- _EXERCISE AIM_:
Check each line of the material, and show the ones that include the word "Reconciling".

- _DATA TO PROCESS_:
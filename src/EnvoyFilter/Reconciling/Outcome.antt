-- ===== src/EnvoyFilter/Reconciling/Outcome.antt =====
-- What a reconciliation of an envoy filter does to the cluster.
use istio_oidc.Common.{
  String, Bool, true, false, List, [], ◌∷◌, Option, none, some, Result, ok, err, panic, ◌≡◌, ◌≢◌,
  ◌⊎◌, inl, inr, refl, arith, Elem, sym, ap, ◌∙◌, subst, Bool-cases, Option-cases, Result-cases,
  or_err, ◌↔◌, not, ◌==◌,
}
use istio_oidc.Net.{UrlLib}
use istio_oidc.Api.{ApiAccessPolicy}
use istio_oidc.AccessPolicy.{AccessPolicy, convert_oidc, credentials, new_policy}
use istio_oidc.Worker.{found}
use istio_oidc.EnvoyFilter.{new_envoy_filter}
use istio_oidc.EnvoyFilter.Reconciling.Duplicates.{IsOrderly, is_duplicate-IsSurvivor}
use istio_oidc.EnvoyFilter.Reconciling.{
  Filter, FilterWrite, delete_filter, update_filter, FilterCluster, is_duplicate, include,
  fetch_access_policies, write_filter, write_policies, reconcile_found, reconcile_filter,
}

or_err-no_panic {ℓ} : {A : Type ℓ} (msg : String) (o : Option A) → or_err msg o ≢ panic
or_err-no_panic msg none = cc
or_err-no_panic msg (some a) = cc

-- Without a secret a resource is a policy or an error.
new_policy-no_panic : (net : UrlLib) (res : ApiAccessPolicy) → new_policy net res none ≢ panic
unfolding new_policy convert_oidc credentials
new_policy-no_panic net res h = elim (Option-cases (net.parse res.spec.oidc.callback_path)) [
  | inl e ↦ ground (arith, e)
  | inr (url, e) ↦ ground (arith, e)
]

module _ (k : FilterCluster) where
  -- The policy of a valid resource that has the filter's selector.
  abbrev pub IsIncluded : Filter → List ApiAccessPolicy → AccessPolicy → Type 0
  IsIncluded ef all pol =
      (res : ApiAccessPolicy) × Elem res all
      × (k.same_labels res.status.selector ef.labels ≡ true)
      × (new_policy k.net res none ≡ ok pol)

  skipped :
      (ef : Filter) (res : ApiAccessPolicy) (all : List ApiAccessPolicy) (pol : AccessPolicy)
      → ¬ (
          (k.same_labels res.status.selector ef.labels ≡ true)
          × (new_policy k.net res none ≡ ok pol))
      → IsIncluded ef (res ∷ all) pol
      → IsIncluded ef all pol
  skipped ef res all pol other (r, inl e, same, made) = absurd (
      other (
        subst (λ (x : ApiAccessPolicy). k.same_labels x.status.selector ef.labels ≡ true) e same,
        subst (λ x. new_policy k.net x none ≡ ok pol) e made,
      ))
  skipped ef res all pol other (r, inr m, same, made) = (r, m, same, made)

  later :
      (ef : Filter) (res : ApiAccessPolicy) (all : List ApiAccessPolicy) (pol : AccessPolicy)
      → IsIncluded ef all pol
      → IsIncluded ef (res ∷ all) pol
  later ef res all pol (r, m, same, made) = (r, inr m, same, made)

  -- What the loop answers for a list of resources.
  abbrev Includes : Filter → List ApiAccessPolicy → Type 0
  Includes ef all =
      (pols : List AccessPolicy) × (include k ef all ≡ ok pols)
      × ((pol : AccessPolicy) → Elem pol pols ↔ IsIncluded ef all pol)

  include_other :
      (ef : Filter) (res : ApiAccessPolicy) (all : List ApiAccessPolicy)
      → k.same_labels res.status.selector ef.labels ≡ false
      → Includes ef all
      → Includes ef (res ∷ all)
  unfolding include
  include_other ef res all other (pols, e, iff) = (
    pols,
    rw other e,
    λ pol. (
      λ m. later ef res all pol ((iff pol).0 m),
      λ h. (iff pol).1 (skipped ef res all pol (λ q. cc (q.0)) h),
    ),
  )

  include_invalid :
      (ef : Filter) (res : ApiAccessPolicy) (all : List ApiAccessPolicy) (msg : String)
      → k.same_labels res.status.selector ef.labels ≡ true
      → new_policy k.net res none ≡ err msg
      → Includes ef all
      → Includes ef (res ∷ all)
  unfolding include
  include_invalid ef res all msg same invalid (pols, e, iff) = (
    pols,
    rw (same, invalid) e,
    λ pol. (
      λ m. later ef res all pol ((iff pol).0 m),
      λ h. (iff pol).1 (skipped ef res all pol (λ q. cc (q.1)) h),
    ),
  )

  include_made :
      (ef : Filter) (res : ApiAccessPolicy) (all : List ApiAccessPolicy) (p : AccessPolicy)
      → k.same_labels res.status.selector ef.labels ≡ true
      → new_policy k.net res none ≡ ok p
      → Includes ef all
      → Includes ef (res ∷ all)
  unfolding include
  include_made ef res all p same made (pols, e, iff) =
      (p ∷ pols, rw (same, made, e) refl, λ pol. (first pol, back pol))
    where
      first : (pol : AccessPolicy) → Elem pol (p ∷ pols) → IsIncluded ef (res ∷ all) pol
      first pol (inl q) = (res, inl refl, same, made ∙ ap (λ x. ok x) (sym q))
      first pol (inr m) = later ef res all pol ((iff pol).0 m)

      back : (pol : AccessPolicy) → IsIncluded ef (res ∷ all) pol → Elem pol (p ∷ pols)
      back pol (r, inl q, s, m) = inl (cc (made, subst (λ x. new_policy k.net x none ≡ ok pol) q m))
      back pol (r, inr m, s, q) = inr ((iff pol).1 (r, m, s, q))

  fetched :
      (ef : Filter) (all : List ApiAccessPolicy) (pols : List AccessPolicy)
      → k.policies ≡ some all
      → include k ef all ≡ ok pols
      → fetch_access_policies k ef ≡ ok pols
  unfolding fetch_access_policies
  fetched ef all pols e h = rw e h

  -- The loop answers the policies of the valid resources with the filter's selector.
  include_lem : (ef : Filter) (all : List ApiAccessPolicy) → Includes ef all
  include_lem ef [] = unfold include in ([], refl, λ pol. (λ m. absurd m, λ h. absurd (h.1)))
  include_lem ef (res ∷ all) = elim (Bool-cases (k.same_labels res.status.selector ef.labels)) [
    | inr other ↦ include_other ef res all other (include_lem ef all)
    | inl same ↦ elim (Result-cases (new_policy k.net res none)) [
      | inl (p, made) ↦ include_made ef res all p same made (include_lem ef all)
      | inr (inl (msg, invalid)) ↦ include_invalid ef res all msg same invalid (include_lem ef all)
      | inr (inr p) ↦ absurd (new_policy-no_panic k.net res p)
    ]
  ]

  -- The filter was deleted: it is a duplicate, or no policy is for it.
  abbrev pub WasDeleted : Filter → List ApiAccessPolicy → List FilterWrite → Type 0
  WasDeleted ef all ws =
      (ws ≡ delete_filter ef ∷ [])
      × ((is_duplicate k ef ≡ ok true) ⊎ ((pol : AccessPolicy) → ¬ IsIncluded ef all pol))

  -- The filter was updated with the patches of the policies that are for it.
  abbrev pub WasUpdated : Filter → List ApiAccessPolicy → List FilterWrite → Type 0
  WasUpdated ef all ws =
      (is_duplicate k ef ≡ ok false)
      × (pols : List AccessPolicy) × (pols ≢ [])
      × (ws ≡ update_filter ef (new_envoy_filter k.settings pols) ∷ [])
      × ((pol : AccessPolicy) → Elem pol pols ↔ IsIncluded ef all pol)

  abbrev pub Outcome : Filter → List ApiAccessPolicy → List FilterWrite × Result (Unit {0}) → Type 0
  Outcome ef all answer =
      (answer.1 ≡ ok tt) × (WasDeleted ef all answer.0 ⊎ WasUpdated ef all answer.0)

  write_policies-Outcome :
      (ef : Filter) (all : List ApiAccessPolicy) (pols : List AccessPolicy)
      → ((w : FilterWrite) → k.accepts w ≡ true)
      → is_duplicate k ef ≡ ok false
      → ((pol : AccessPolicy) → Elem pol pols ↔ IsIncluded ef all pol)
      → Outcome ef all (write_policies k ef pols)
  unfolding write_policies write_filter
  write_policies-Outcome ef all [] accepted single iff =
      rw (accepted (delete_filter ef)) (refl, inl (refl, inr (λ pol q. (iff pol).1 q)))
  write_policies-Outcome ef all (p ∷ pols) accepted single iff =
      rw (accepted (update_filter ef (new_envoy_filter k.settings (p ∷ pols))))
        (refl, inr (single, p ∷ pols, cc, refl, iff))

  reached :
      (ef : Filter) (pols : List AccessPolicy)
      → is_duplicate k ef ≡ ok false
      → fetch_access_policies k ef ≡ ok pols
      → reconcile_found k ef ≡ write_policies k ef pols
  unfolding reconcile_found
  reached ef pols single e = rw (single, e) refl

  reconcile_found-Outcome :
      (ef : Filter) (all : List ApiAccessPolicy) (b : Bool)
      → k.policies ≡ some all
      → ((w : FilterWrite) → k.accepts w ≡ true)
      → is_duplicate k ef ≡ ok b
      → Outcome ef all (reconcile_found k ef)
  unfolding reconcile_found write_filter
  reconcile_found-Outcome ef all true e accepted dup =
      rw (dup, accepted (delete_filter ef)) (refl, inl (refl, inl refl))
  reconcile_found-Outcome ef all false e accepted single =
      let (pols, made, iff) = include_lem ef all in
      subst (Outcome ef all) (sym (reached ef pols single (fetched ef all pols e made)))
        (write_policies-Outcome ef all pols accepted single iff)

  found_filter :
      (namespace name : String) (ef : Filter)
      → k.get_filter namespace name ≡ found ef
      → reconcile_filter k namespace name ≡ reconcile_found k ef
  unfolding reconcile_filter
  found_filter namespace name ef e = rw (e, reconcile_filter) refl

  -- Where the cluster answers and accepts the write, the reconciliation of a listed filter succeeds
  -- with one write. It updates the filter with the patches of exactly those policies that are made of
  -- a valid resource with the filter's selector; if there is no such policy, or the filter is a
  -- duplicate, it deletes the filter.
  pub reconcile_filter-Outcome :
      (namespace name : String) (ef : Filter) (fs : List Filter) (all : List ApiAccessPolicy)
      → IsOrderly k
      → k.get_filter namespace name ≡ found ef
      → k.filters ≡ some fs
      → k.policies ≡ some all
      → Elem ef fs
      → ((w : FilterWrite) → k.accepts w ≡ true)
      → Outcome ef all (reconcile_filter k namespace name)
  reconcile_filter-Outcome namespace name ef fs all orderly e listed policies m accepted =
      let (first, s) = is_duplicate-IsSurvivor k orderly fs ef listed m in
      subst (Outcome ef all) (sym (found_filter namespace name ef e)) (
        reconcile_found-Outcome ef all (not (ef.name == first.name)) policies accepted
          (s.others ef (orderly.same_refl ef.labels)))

--

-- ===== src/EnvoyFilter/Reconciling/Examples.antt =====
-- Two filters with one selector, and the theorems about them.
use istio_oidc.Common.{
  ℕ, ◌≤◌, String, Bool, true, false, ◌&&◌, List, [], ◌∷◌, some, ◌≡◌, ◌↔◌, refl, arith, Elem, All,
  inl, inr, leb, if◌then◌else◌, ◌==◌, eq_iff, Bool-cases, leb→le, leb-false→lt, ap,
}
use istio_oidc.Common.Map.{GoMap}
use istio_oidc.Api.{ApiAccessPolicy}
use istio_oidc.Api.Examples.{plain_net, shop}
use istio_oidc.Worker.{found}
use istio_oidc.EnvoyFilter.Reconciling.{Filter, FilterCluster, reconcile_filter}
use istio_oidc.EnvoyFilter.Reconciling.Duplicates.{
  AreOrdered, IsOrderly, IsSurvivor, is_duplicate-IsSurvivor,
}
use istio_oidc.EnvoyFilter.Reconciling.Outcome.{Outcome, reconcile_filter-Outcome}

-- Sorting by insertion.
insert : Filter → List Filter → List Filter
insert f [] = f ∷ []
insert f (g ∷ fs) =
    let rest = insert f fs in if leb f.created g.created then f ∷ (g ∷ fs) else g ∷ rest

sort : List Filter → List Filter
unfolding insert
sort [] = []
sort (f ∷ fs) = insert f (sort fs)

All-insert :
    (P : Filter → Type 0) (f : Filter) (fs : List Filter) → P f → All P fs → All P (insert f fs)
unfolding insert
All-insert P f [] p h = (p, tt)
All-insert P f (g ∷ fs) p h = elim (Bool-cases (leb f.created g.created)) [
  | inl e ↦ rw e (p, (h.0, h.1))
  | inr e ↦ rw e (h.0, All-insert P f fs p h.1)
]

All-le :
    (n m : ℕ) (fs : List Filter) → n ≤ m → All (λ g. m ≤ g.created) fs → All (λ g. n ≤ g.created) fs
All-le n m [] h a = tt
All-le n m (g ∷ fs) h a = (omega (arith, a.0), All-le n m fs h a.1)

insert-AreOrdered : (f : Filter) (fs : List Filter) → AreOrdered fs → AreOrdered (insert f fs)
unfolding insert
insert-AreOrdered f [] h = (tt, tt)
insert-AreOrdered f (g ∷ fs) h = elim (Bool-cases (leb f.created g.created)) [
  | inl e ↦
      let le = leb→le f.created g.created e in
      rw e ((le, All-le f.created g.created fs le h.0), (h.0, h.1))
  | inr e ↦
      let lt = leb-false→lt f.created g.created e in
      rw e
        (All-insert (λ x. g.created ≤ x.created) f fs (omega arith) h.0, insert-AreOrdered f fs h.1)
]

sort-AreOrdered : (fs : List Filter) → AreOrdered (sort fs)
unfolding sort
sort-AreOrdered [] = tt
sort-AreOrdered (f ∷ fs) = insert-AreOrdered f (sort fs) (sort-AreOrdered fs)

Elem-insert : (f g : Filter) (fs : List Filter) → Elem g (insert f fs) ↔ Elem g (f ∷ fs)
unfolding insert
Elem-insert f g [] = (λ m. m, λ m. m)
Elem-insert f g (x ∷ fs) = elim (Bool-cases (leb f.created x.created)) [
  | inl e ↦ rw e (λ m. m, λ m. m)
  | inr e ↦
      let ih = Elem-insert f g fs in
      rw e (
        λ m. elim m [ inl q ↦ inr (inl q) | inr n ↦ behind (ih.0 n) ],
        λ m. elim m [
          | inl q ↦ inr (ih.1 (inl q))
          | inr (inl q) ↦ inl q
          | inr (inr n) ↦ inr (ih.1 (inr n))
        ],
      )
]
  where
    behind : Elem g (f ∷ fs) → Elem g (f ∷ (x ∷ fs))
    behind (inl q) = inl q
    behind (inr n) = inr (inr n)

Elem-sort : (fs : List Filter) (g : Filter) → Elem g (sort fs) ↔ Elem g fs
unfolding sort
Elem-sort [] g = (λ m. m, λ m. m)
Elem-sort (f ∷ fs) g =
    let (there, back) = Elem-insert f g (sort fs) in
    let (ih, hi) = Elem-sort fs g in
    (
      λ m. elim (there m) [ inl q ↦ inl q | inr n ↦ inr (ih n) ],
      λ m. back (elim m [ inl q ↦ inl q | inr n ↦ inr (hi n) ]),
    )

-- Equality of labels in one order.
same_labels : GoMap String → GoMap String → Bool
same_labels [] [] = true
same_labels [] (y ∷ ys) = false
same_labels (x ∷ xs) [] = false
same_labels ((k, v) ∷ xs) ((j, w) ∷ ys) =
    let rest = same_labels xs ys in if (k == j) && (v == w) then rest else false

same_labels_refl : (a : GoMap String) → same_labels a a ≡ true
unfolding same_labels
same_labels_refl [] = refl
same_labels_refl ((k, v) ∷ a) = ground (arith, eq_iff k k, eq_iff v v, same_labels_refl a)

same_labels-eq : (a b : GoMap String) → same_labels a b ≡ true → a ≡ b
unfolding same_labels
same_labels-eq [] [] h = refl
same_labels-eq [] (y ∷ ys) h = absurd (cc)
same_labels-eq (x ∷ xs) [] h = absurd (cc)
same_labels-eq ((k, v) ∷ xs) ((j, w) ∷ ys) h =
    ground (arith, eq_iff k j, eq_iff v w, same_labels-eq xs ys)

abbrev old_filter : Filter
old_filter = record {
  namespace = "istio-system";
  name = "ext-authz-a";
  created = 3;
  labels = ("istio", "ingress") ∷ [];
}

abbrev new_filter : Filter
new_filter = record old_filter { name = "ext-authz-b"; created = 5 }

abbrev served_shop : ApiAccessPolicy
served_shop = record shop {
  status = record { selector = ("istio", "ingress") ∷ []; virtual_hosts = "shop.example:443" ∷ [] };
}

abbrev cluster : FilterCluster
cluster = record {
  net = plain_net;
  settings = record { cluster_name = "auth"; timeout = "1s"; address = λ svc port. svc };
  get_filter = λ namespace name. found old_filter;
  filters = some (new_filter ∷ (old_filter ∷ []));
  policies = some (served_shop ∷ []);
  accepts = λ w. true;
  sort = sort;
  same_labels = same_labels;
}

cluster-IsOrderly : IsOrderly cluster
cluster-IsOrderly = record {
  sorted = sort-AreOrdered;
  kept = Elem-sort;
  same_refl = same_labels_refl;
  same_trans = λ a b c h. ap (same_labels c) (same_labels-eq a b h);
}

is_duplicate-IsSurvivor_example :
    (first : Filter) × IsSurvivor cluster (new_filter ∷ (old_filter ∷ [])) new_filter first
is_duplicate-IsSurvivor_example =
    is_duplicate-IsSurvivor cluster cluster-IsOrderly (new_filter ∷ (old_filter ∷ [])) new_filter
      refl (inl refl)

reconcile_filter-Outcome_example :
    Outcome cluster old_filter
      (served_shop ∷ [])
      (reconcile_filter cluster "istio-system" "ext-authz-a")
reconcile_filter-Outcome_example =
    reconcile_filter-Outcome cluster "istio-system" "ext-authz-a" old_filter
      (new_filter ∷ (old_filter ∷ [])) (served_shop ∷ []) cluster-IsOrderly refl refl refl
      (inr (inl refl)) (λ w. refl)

==

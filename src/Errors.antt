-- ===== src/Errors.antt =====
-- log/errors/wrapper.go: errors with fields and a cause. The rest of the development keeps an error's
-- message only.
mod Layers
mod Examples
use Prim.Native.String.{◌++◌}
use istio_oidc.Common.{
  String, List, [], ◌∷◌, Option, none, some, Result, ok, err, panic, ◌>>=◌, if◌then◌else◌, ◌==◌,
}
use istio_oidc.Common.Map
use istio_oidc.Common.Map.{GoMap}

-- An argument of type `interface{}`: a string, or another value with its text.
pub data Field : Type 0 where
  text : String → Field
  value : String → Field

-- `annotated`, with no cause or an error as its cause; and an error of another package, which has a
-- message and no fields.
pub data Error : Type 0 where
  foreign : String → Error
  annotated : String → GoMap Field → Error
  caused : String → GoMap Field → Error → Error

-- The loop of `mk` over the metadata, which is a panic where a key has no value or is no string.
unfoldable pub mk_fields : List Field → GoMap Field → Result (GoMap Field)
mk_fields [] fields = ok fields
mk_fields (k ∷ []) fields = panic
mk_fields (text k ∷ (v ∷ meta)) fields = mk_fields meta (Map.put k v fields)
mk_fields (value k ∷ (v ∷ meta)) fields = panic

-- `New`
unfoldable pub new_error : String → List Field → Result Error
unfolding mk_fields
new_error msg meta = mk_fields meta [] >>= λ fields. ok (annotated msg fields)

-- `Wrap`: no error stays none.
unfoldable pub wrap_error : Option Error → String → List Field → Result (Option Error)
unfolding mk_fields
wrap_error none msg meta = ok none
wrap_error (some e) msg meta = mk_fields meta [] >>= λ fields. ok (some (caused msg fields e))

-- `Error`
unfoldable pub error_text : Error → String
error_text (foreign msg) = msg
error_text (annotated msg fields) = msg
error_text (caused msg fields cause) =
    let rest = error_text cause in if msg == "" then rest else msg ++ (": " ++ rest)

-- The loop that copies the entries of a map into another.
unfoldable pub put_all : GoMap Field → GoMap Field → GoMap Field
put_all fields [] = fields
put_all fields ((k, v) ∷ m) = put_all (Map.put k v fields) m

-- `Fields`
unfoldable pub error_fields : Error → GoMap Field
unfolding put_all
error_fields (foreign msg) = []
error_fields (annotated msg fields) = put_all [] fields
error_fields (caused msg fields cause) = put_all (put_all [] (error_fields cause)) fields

- _RESULT_:
filename src/EnvoyFilter/Reconciling/Outcome.antt
-- ===== src/EnvoyFilter/Reconciling/Outcome.antt =====
use istio_oidc.EnvoyFilter.Reconciling.Duplicates.{IsOrderly, is_duplicate-IsSurvivor}
use istio_oidc.EnvoyFilter.Reconciling.{
-- ===== src/EnvoyFilter/Reconciling/Examples.antt =====
use istio_oidc.EnvoyFilter.Reconciling.{Filter, FilterCluster, reconcile_filter}
use istio_oidc.EnvoyFilter.Reconciling.Duplicates.{
use istio_oidc.EnvoyFilter.Reconciling.Outcome.{Outcome, reconcile_filter-Outcome}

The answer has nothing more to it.